Telnet gibts auch unter Windows aber ich glaube man muss den Port anders angeben..

Gruss Maurice

----------

## berni.walzl

naja, telnet ist aber auch ein anderer port !

Ich müsste testen, ob ich über den 873 rauskomme  :Smile: 

berni

----------

## mo-ca

also da haste nen verständnisfehler.

telnet ist das tool, mit dem du den port belauschst. kannst auch nc nehmen.

----------

## unix

na es gibt auch andere möglich keiten rsync zu benützen auch wenn der port 873 zu ist. es muss nur einen port offen sein.

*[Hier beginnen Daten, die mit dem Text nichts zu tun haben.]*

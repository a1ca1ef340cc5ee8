-- ===== src/Contract/Routes/Repair.antt =====
-- internal/contract/routes.go: the exit table after a repair.
use molebridge.Base.{ℕ, not, ◌&&◌, ◌≡◌, List, ◌==◌, erase_all, when}
use molebridge.Rtnl.Addr.{Family}
use molebridge.Rtnl.Route.{Route, Route-discrete}
use molebridge.Contract.Routes.{
  TunnelMode, RouteAction, del_route, fallback_route, tunnel_route, required, Sift, sift,
  sift_start, exit_table_actions,
}
use molebridge.Contract.Routes.Counts.{removed}

-- What the loop collects is removals.
abbrev IsDel : RouteAction → Type 0
IsDel a = a.kind ≡ del_route

module _ (rs : List Route) (f : Family) (table i : ℕ) (mode : TunnelMode) where
  abbrev end : Sift
  end = sift i mode sift_start rs

  abbrev actions : List RouteAction
  actions = exit_table_actions rs f table i mode

  abbrev puts_fallback : List Route
  puts_fallback = when (not end.fallback) (fallback_route f table)

  abbrev puts_tunnel : List Route
  puts_tunnel = when (required mode && (not end.found && not (i == 0))) (tunnel_route f table i)

  left_over : List Route
  left_over = erase_all Route-discrete (removed end.del) rs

dann installierst du einen ssh server bei dir zu hause auf diesen port der bei dir in der bude offen ist. machst z.b mit putty eine ssh verbindung zu dir auf und sagst als option, dass er von localhost:123 einen portforwarding machen soll auf rsyncserver:873

und du must den rsyncserver localhost:123 nehmen  :Smile: 

----------

## makukasutota

Bei mir unter dem WinXP Telnet funktioniert der Test. Ich muss erst "telnet" eingeben und dann startet eine Komandozeile in der ich "o rsync.de.gentoo.org 873" eingeben muss und es kommt die selbe ausgabe als wenn man es (wie oben gennannt) in einem (kompatiblen!?) browser macht. allerdings weiß ich nicht wie es unter win98 ist.

----------

## berni.walzl

das mit dem ssh-tunnel nach hause ist ja gar keine soo schlechte idee. nur leider hab ich zuhause ein 56k Modem, und dass kann ich nicht die ganze Zeit laufen lassen  :Smile: 

berni

----------

## unix

 *berni.walzl wrote:*   

> das mit dem ssh-tunnel nach hause ist ja gar keine soo schlechte idee. nur leider hab ich zuhause ein 56k Modem, und dass kann ich nicht die ganze Zeit laufen lassen 
> 
> berni

 

hm da gibts noch ne lösung

flatrate  :Smile:  ist ja net teuer....

mfg unix

----------

## think4urs11

 *unix wrote:*   

>  *berni.walzl wrote:*   das mit dem ssh-tunnel nach hause ist ja gar keine soo schlechte idee. nur leider hab ich zuhause ein 56k Modem, und dass kann ich nicht die ganze Zeit laufen lassen 
> 
> berni 
> 
> hm da gibts noch ne lösung
> ...

 

eine Stromflatrate ist schon teuer  :Wink: 

Da dürfte es dann doch billiger sein den Admin mal net zu fragen ob er/sie denn nicht doch vielleicht das ganze aufmachen könnte, notfalls eingeschränkt auf genau diese eine Maschine die Berni hat.

Oder der etwas unschönere Umweg über emerge-webrsync.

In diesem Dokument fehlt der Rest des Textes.